# The Apiarist Home (Beekeepers Cottage) October 2013 (pic heavy)



## mockingbird (Oct 14, 2013)

*Time to whack another report up!*

BUT
before I begin full credit goes to _Mookster_, who managed to piece together the history and everything inbetween for this place, his report is here with some beautiful photos which document it alot better than myself, an with alot more stuff which clearly is not inside anymore  
Its certainly worth checking out his report below, as it will give you a real insight into what was found and the tragedy about this place.
http://www.derelictplaces.co.uk/main/showthread.php?t=23239#.UltefdKsjLQ

Well where do you start with a place like this, its hard to walk around as many others have said, due to the oddities laying around a foot or so from the floor, tonnes of letters and postcards remain some of which are unreadable now due to rain, but the ones that are readable are really interesting into the former families lives.

Outside the small bungalow huts, the remains of cars and trailer are rotting, alot of stuff I have seen in other reports in the past, show items inside the home, but now many items are scattered outside, I also noticed alot of papers down the roadside before entering the site, all scattered from the home itself, some of the items included Christmas cards and other letters.

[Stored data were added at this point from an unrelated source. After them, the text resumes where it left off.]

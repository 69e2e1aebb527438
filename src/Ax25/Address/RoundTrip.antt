-- ===== src/Ax25/Address/RoundTrip.antt =====
-- Round trip of the addresses of bbs/ax25/address.py.
use bbs.Prelude.{
  ℕ, ◌≤◌, ◌<◌, ◌≡◌, refl, true, false, [], ◌∷◌, ◌++◌, some, ltb, ◌==◌, length, ◌>>=◌, arith,
  Bool-cases, inl, inr, append-nil,
}
use bbs.Text.{Text, strip, lstrip, rstrip, before_dash, is_space, decimal}
use bbs.Ax25.NetromFrame.Wire.{show_call}
use bbs.Ax25.NetromFrame.WireLaws.{CallChars, upper-CallChars, upper-show_call}
use bbs.Ax25.Address.{
  all_call_chars, is_base, from_dash, suffix_ssid, match_callsign, check_ssid, parse, format_addr,
}

abbrev NoSpace : Text → Type 0
NoSpace [] = Unit
NoSpace (c ∷ s) = (is_space c ≡ false) × NoSpace s

lstrip-NoSpace : (s : Text) → NoSpace s → lstrip s ≡ s
unfolding lstrip
lstrip-NoSpace [] h = refl
lstrip-NoSpace (c ∷ s) h = ground (arith, h.0)

rstrip-NoSpace : (s : Text) → NoSpace s → rstrip s ≡ s
unfolding rstrip
rstrip-NoSpace [] h = refl
rstrip-NoSpace (c ∷ []) h = ground (arith, h.0)
rstrip-NoSpace (c ∷ d ∷ s) h = rw (rstrip-NoSpace (d ∷ s) h.1)

strip-NoSpace : (s : Text) → NoSpace s → strip s ≡ s
unfolding strip
strip-NoSpace s h = rw (lstrip-NoSpace s h) (rstrip-NoSpace s h)

CallChars-NoSpace : (s t : Text) → CallChars s → NoSpace t → NoSpace (s ++ t)
CallChars-NoSpace [] t h k = k
CallChars-NoSpace (c ∷ s) t h k = (ground (arith, h.0), CallChars-NoSpace s t h.1 k)

decimal-NoSpace : (n : ℕ) → n < 100 → NoSpace (decimal n)
unfolding decimal
decimal-NoSpace n h = ground arith

show_call-NoSpace :
    (call : Text) (ssid : ℕ) → CallChars call → ssid < 16 → NoSpace (show_call call ssid)
unfolding show_call
show_call-NoSpace call ssid h k = elim (Bool-cases (ssid == 0)) [
  | inl e ↦ rw e (rw (append-nil call) at (CallChars-NoSpace call [] h tt))
  | inr e ↦
      rw e (CallChars-NoSpace call (45 ∷ decimal ssid) h (refl, decimal-NoSpace ssid (omega arith)))
]

all_call_chars-CallChars : (s : Text) → CallChars s → all_call_chars s ≡ true
unfolding all_call_chars
all_call_chars-CallChars [] h = refl
all_call_chars-CallChars (c ∷ s) h = ground (arith, h.0, all_call_chars-CallChars s h.1)

before_dash-CallChars : (s t : Text) → CallChars s → before_dash (s ++ 45 ∷ t) ≡ s
unfolding before_dash
before_dash-CallChars [] t h = refl
before_dash-CallChars (c ∷ s) t h = ground (arith, h.0, before_dash-CallChars s t h.1)

from_dash-CallChars : (s t : Text) → CallChars s → from_dash (s ++ 45 ∷ t) ≡ 45 ∷ t
unfolding from_dash
from_dash-CallChars [] t h = refl
from_dash-CallChars (c ∷ s) t h = ground (arith, h.0, from_dash-CallChars s t h.1)

no_dash : (s : Text) → CallChars s → (before_dash s ≡ s) × (from_dash s ≡ [])
unfolding before_dash from_dash
no_dash [] h = (refl, refl)
no_dash (c ∷ s) h = ground (arith, h.0, no_dash s h.1)

suffix_ssid-decimal : (n : ℕ) → n < 16 → suffix_ssid (45 ∷ decimal n) ≡ some n
unfolding suffix_ssid decimal
suffix_ssid-decimal n h = ground arith

match-show_call :
    (call : Text) (ssid : ℕ)
    → CallChars call
    → 1 ≤ length call
    → length call ≤ 6
    → ssid < 16
    → match_callsign (show_call call ssid) ≡ some (call, ssid)
unfolding match_callsign show_call is_base
match-show_call call ssid h lo hi k =
    let plain : (before_dash call ≡ call) × (from_dash call ≡ []) = no_dash call h in
    let chars : all_call_chars call ≡ true = all_call_chars-CallChars call h in
    elim (Bool-cases (ssid == 0)) [
      | inl e ↦
          let z : ssid ≡ 0 = ground arith in
          rw e (rw (plain.0, plain.1) (rw chars (unfold suffix_ssid in ground (arith, lo, hi, z))))
      | inr e ↦ rw e (
          rw
            (before_dash-CallChars call (decimal ssid) h, from_dash-CallChars call (decimal ssid) h)
            (rw (chars, suffix_ssid-decimal ssid k) (ground (arith, lo, hi))))
    ]

pub parsed :
    (call : Text) (ssid : ℕ)
    → CallChars call
    → 1 ≤ length call
    → length call ≤ 6
    → ssid < 16
    → parse (show_call call ssid) ≡ some (call, ssid)
unfolding parse check_ssid
parsed call ssid h lo hi k =
    let t : Text = show_call call ssid in
    rw (strip-NoSpace t (show_call-NoSpace call ssid h k))
      (rw (upper-show_call call ssid h k) (rw (match-show_call call ssid h lo hi k) (ground arith)))

pub strip-CallChars : (call : Text) → CallChars call → strip call ≡ call
strip-CallChars call h =
    strip-NoSpace call (rw (append-nil call) at (CallChars-NoSpace call [] h tt))

pub formatted :
    (call : Text) (ssid : ℕ)
    → CallChars call
    → ssid < 16
    → format_addr call ssid ≡ some (show_call call ssid)
unfolding format_addr show_call
formatted call ssid h k =
    let low : ltb 15 ssid ≡ false = ground arith in
    rw (upper-CallChars call h) (rw (strip-CallChars call h) (rw low refl))

-- A callsign of one to six capital letters and digits and an SSID below 16 are formatted without an
-- error, and `parse` reads both back from the text.
pub parse-format_addr :
    (call : Text) (ssid : ℕ)
    → CallChars call
    → 1 ≤ length call
    → length call ≤ 6
    → ssid < 16
    → (format_addr call ssid >>= parse) ≡ some (call, ssid)
parse-format_addr call ssid h lo hi k = rw (formatted call ssid h k) (parsed call ssid h lo hi k)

A real shame.

You certainly feel like your not meant to be here, the impression you get is hard to explain, maybe because of the tragedy that happened, but you really get that impression.
The piano still sits comfortably with music notes scattered on the keys, the left hand side of the piano still works, so I played a small tune, as I touched the keys for a brief moment I thought about how many people had played on this piano and been taught how to play on it, as letter inside revealed that either the mother or father taught music and philosophy, the letter also explained how they had been taught music inside this home, a rather interesting insight, along with the many others if you are able to sit through them all, its really worth the visit for the reading alone, some further letters inside here dated back to 1928, hard to believe this place has been only abandoned for 7/8 years.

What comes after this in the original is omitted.